Objective: This meta-study aimed to assess the connection between soluble suppression of tumorigenicity 2 (sST2) and extended clinical outcomes in individuals diagnosed with acute myocardial infarction (AMI).
Methods: We systematically collected pertinent literature from PubMed, Embase and Web of Science. The primary effect measures employed in this research were the hazard ratio and 95% confidence intervals. The quality and publication bias of included studies were evaluated. Subgroup analysis was conducted to explore the diversity in study outcomes.
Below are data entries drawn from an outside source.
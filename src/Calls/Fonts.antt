-- ===== src/Calls/Fonts.antt =====
-- `hasFonts`, `registerFont` and `setGenericFamily` of rust/assets/hep-viewer.js.
use ggsql_duckdb.Prelude.{ℕ, ◌+◌, Bool, List}
use ggsql_duckdb.Boot.Init.{Bytes, Text}
use ggsql_duckdb.Glue.Heap.{JsValue}
use ggsql_duckdb.Calls.Machine.{
  Call, has_fonts, register_font, set_generic_family, Exports, Browser, ◌>>=◌, ◌>>◌,
}
use ggsql_duckdb.Calls.Access.{
  get_int32, wasm_vector_len, pass_array8_to_wasm, pass_string_to_wasm, pass_array_js_value_to_wasm,
}
use ggsql_duckdb.Calls.Document.{run, frame, get_flag, throw_taken, receive_array}

module _ (exports : Exports) where
  unfoldable pub get_has_fonts : Call Bool
  get_has_fonts = get_flag exports has_fonts

  module _ (browser : Browser) where
    abbrev pub read_families : Bytes → ℕ → Call (List JsValue)
    read_families bytes retptr = do
      ptr0 ← pass_array8_to_wasm browser exports bytes
      len0 ← wasm_vector_len browser exports
      run exports (register_font retptr ptr0 len0)
      r0 ← get_int32 browser retptr
      r1 ← get_int32 browser (retptr + 4)
      r2 ← get_int32 browser (retptr + 8)
      r3 ← get_int32 browser (retptr + 12)
      throw_taken browser r3 r2
      receive_array exports browser r0 r1

    -- `registerFont`
    unfoldable pub register_font_bytes : Bytes → Call (List JsValue)
    register_font_bytes bytes = frame exports (read_families bytes)

    abbrev pub pass_family : Text → List JsValue → ℕ → Call (Unit {0})
    pass_family kind families retptr = do
      ptr0 ← pass_string_to_wasm browser exports kind
      len0 ← wasm_vector_len browser exports
      ptr1 ← pass_array_js_value_to_wasm browser exports families
      len1 ← wasm_vector_len browser exports
      run exports (set_generic_family retptr ptr0 len0 ptr1 len1)
      r0 ← get_int32 browser retptr
      r1 ← get_int32 browser (retptr + 4)
      throw_taken browser r1 r0

    -- `setGenericFamily`
    unfoldable pub set_family : Text → List JsValue → Call (Unit {0})
    set_family kind families = frame exports (pass_family kind families)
Results: This comprehensive meta-analysis ultimately encompassed thirteen studies, involving a total of 11,571 patients. Elevated levels of sST2 were identified as an adverse prognostic indicator, demonstrating a substantial association not only with overall mortality (combined HR 2.4, 95% CI 1.6-3.5, P < 0.01) but also with major adverse cardiovascular events (MACEs) (HR 2.5, 95% CI 1.5-4.2, P < 0.01). Subgroup analyses revealed that increased sST2 levels were linked to higher rates of all-cause mortality and MACEs in patients with ST-segment elevation myocardial infarction (STEMI), non-ST-segment elevation myocardial infarction (NSTEMI), and other unselected subcategories of AMI.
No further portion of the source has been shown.